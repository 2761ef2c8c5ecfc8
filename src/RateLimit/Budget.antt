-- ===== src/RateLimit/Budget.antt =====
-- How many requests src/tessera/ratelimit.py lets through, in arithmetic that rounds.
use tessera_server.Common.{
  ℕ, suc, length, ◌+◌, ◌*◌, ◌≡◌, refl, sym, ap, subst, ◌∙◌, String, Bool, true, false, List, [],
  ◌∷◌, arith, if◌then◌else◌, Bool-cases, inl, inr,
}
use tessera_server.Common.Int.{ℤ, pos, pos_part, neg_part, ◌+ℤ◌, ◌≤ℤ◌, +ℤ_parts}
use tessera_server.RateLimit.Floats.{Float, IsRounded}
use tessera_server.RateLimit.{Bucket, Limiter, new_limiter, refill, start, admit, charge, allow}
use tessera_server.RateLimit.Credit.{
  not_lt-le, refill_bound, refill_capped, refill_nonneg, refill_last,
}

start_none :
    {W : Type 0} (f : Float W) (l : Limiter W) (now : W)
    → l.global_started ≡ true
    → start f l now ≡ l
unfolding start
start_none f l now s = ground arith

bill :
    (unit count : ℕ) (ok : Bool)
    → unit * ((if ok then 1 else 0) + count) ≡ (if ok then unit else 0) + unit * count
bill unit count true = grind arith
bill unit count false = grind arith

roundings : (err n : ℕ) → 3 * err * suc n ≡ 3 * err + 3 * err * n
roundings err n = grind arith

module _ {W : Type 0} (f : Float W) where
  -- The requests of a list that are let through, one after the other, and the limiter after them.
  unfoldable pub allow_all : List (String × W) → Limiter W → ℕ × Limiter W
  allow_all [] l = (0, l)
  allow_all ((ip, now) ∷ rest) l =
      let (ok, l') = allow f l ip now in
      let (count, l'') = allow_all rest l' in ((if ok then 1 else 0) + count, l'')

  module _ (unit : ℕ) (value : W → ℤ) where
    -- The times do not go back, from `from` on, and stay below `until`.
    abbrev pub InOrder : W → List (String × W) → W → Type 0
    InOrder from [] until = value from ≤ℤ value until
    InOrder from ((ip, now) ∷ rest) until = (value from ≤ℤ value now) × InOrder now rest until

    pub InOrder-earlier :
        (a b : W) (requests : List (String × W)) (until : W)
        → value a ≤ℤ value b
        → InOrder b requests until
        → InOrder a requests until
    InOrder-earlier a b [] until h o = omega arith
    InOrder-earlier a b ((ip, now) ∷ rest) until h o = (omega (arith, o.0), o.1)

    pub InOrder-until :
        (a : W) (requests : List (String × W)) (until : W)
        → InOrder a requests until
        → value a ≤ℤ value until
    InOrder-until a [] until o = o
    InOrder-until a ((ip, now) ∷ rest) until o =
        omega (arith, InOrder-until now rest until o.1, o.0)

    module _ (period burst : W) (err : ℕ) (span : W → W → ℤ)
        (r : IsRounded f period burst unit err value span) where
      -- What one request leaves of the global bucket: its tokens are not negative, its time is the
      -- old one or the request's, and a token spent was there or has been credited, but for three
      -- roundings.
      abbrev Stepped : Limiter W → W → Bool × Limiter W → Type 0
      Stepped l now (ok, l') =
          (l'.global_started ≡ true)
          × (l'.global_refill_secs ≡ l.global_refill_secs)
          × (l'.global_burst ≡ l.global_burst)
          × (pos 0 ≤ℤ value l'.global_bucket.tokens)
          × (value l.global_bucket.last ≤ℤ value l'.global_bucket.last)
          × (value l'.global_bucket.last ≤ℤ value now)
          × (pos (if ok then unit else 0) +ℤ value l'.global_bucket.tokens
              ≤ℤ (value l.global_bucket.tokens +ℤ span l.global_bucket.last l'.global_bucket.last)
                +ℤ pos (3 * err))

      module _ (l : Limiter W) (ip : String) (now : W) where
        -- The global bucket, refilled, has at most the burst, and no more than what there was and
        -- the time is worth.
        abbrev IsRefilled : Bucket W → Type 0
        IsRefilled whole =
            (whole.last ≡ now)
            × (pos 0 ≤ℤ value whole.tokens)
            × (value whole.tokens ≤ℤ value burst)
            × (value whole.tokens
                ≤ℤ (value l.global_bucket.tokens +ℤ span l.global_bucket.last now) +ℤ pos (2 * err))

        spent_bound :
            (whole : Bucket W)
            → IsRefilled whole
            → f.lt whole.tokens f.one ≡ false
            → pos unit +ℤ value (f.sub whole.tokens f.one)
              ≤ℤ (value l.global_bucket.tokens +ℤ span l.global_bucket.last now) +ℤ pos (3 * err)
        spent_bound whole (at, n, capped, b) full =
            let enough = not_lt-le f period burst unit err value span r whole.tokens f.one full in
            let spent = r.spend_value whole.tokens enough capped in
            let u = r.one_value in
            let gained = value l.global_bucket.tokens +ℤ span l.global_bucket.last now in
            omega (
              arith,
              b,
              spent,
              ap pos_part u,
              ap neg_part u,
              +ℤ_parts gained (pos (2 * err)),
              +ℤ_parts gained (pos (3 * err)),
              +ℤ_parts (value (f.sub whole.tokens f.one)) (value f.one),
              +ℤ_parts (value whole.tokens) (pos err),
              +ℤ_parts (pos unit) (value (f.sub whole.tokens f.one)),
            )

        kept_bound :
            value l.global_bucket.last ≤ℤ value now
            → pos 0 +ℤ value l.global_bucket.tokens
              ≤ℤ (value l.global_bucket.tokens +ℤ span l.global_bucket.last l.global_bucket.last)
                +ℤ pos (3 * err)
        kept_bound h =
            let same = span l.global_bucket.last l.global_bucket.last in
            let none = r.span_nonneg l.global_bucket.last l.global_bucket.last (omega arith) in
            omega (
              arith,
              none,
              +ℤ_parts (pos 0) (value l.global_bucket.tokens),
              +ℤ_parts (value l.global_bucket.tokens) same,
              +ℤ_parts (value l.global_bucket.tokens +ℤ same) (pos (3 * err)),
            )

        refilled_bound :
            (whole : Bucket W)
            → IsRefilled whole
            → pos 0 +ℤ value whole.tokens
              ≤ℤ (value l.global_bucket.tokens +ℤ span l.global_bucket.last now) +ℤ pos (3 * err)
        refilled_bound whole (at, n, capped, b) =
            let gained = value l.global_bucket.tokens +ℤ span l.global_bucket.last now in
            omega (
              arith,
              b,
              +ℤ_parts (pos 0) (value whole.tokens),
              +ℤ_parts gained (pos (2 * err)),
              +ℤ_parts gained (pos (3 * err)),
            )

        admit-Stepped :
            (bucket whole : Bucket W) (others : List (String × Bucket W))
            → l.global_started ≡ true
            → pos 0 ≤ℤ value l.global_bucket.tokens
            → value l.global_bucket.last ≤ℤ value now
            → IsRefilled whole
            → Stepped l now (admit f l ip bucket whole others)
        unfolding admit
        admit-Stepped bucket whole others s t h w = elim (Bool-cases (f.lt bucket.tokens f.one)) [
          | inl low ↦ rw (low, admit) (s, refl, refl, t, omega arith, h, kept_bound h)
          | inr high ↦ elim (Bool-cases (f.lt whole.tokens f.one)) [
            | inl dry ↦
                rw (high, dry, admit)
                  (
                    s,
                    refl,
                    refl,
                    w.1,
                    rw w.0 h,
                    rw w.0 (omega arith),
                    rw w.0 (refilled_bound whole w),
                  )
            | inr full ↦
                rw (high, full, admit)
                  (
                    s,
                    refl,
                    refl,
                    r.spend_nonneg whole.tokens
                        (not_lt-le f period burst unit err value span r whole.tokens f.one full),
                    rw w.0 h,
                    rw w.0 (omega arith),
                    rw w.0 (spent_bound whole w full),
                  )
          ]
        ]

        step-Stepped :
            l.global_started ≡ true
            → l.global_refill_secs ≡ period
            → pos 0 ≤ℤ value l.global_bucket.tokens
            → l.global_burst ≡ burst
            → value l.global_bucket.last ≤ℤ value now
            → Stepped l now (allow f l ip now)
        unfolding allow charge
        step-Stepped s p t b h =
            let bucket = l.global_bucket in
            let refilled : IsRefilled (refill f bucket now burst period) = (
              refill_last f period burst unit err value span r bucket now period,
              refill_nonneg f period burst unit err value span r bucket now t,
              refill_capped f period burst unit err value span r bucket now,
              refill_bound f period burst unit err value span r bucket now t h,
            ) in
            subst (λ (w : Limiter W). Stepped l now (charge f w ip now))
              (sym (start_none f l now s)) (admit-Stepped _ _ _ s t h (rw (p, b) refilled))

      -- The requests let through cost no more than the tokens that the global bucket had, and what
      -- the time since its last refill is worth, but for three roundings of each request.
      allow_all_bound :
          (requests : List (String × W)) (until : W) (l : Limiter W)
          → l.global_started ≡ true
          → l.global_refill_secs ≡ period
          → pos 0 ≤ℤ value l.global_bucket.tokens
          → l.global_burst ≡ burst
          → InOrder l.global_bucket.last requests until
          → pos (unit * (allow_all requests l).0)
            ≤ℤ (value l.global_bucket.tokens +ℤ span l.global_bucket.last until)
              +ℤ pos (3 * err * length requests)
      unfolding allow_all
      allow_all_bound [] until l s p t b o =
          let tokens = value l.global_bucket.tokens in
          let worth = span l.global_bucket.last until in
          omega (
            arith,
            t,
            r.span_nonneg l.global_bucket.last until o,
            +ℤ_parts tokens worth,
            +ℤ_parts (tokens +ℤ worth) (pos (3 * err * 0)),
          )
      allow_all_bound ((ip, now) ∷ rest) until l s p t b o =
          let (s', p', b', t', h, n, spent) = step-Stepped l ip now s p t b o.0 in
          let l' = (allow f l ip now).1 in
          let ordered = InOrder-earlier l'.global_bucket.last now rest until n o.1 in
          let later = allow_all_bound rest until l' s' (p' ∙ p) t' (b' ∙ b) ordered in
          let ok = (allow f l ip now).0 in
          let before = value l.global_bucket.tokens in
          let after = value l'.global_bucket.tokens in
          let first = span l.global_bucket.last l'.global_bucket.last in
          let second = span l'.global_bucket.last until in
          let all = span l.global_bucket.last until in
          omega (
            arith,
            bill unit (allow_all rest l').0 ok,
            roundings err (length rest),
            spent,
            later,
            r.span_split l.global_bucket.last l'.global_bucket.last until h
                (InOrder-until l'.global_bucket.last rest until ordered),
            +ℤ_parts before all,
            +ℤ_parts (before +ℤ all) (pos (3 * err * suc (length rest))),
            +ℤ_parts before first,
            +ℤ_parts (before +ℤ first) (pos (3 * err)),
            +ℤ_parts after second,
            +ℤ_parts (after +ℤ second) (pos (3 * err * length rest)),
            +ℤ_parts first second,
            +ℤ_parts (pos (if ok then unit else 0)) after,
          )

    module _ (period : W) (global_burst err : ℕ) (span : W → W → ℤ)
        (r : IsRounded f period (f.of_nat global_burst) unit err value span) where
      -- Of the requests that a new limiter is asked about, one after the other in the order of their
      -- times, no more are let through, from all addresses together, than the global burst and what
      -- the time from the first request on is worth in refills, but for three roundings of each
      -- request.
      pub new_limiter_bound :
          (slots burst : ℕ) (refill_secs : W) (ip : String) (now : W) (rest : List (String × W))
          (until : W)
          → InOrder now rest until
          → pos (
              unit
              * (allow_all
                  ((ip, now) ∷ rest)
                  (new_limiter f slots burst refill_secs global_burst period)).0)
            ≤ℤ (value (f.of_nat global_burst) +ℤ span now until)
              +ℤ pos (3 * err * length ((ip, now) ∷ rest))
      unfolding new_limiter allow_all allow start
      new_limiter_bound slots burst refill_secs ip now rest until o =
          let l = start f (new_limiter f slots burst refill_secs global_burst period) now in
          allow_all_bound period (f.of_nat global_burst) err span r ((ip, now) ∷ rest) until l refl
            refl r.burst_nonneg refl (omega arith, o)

☆ ☆ ☆ ☆

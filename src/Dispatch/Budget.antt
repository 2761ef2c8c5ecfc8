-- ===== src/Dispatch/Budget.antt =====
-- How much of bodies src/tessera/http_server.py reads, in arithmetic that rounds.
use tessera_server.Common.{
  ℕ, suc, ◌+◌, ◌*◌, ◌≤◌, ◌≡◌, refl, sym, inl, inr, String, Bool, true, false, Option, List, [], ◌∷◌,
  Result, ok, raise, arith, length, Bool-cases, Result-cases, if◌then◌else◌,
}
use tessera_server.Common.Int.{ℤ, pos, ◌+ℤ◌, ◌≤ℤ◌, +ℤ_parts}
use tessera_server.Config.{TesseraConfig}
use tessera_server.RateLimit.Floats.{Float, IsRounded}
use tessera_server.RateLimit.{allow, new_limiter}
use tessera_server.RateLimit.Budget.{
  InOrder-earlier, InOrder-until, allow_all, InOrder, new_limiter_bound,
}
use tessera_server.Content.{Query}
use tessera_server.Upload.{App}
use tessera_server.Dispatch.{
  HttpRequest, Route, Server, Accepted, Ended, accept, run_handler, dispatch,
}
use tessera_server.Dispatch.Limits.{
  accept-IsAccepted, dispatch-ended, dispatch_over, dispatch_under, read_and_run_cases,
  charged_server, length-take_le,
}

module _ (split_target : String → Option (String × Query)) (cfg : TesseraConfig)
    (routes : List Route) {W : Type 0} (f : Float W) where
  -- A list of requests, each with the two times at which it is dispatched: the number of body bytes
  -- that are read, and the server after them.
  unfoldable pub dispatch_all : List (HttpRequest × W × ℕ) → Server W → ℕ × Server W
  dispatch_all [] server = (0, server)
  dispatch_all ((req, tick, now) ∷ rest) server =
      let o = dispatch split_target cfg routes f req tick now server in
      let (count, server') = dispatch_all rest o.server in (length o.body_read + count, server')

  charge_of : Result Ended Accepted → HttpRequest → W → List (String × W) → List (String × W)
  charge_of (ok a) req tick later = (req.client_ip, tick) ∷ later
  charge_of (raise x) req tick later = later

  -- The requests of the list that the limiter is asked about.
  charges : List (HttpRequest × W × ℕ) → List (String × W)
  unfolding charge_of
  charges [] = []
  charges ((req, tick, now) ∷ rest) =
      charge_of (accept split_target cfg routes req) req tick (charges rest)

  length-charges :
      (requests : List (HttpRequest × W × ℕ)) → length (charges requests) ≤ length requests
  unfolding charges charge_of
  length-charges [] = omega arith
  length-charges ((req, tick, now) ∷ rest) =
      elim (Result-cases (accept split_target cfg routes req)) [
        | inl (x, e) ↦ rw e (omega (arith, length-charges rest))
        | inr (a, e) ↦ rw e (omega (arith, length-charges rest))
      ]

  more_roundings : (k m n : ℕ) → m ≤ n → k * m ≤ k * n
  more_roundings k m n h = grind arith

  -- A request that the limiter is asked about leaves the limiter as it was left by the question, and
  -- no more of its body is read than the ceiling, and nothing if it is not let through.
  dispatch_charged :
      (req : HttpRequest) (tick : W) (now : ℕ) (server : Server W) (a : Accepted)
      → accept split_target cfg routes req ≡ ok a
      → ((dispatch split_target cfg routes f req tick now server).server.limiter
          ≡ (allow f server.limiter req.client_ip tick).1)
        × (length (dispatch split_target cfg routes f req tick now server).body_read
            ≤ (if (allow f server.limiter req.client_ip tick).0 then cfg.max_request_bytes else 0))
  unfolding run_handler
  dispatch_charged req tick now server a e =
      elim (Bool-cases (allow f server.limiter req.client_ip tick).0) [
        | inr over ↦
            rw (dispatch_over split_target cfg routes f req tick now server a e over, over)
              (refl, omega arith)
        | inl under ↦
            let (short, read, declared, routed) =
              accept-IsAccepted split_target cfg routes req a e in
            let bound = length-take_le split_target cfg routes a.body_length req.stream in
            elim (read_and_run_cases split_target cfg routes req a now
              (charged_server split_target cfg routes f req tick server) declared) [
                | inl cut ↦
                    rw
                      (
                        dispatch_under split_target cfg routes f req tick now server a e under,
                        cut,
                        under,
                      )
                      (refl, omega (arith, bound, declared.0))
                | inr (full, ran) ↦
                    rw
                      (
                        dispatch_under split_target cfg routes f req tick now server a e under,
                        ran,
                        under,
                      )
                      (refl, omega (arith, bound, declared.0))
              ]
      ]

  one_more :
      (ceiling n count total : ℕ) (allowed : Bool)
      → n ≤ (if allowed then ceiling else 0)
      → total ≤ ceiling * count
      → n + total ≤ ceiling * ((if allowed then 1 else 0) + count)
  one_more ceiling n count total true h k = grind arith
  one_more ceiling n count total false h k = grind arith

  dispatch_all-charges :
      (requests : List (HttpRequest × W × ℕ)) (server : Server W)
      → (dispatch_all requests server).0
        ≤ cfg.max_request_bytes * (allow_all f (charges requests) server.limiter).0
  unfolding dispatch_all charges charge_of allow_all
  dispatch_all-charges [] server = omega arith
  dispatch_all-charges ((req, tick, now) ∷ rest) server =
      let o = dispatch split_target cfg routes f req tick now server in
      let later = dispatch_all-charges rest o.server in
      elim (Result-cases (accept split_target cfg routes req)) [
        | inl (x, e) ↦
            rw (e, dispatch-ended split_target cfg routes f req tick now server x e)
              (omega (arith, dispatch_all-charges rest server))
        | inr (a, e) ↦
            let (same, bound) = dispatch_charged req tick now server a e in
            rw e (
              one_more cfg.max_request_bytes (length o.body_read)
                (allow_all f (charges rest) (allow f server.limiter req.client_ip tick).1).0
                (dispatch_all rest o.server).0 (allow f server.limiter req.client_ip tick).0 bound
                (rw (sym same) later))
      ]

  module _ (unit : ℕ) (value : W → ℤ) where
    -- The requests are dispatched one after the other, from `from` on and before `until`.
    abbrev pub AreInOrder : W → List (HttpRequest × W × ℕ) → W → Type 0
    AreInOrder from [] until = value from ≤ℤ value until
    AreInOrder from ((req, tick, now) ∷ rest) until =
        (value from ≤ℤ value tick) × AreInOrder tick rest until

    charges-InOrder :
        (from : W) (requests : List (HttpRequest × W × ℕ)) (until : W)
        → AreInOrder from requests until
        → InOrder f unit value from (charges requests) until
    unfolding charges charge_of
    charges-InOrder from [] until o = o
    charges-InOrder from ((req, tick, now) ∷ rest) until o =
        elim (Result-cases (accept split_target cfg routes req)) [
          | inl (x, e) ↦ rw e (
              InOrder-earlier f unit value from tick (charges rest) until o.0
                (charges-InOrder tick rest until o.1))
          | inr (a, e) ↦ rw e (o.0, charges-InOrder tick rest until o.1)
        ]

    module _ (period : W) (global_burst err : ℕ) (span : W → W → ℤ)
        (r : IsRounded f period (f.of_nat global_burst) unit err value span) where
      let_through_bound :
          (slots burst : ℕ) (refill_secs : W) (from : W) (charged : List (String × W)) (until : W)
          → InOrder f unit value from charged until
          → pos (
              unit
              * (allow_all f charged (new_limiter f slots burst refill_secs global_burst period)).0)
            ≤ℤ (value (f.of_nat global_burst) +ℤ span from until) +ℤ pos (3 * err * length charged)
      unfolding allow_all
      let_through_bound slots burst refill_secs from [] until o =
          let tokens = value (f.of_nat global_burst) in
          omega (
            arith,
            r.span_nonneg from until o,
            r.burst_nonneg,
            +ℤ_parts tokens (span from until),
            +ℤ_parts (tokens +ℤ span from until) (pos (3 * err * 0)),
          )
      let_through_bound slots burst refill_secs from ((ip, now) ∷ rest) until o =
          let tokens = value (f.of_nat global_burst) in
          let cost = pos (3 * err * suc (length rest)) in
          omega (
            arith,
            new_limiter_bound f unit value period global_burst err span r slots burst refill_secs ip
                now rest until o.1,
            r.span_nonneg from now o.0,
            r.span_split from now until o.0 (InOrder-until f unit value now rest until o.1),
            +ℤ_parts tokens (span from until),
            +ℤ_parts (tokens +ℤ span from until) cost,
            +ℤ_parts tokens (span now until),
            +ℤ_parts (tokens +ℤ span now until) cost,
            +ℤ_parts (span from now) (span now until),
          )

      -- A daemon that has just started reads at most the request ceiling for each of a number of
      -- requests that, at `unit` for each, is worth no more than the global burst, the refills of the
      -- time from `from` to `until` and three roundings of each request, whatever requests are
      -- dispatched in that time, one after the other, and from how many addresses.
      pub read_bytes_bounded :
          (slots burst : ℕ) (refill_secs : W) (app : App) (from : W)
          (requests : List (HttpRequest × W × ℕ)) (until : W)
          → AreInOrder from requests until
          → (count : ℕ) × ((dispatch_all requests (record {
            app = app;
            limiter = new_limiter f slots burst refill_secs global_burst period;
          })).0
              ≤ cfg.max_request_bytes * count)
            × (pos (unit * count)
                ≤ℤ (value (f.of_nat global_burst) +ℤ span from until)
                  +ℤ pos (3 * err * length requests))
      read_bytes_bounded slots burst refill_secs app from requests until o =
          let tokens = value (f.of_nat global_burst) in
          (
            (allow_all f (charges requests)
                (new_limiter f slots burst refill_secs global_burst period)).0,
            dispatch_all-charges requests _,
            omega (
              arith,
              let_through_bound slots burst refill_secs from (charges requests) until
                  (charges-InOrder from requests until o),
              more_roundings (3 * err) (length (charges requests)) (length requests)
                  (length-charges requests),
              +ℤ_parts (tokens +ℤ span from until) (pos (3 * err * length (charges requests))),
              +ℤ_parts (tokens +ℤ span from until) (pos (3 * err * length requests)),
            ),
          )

☆ ☆ ☆ ☆

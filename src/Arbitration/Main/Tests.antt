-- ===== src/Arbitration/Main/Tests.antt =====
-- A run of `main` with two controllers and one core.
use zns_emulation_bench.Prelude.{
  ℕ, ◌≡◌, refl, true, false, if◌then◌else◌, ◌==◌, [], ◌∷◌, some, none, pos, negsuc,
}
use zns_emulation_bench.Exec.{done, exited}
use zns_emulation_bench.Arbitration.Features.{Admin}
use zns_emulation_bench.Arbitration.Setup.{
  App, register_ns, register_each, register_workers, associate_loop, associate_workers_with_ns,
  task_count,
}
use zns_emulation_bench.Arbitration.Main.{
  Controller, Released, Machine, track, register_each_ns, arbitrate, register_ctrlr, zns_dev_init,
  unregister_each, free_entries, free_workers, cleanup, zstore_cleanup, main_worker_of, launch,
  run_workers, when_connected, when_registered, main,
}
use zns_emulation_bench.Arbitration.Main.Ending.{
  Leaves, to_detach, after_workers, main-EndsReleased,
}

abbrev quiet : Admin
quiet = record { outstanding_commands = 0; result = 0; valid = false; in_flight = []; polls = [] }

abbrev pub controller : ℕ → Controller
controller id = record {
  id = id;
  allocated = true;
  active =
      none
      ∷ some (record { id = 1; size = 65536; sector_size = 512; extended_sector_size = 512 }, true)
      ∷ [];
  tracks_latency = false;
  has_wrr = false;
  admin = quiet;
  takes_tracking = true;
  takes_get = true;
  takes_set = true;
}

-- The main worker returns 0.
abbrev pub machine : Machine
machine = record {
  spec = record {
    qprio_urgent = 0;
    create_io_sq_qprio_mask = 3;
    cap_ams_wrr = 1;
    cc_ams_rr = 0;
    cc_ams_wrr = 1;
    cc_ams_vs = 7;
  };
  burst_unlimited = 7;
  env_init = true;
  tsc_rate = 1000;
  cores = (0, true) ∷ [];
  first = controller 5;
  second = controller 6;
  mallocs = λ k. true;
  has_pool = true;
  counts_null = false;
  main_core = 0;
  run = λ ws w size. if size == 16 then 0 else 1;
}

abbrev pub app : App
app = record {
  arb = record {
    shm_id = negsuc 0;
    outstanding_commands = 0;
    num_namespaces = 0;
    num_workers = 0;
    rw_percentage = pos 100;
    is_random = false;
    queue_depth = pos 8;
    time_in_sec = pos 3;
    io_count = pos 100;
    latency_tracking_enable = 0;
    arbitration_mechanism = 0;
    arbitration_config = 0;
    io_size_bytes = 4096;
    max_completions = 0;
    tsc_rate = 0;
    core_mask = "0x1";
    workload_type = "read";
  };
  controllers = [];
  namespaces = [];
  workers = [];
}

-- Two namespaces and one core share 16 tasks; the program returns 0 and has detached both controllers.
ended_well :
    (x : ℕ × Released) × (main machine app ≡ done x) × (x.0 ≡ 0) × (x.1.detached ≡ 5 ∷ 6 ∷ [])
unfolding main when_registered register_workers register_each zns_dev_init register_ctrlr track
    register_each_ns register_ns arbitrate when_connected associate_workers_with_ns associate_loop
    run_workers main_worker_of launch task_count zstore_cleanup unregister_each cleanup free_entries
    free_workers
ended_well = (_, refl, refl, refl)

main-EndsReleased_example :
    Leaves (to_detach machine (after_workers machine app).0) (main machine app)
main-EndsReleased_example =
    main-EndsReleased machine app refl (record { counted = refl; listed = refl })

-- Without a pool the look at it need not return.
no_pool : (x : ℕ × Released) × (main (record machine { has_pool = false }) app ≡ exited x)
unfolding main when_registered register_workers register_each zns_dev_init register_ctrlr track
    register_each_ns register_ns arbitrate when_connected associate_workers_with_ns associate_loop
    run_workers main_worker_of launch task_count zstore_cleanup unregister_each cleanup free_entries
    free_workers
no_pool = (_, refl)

☆ ☆ ☆ ☆

Action item: Go through the listing above and copy each line that contains "antt".

Result of this exercise:
filename src/RateLimit/Budget.antt
-- ===== src/RateLimit/Budget.antt =====
filename src/Dispatch/Budget.antt
-- ===== src/Dispatch/Budget.antt =====
filename src/Arbitration/Main/Tests.antt
-- ===== src/Arbitration/Main/Tests.antt =====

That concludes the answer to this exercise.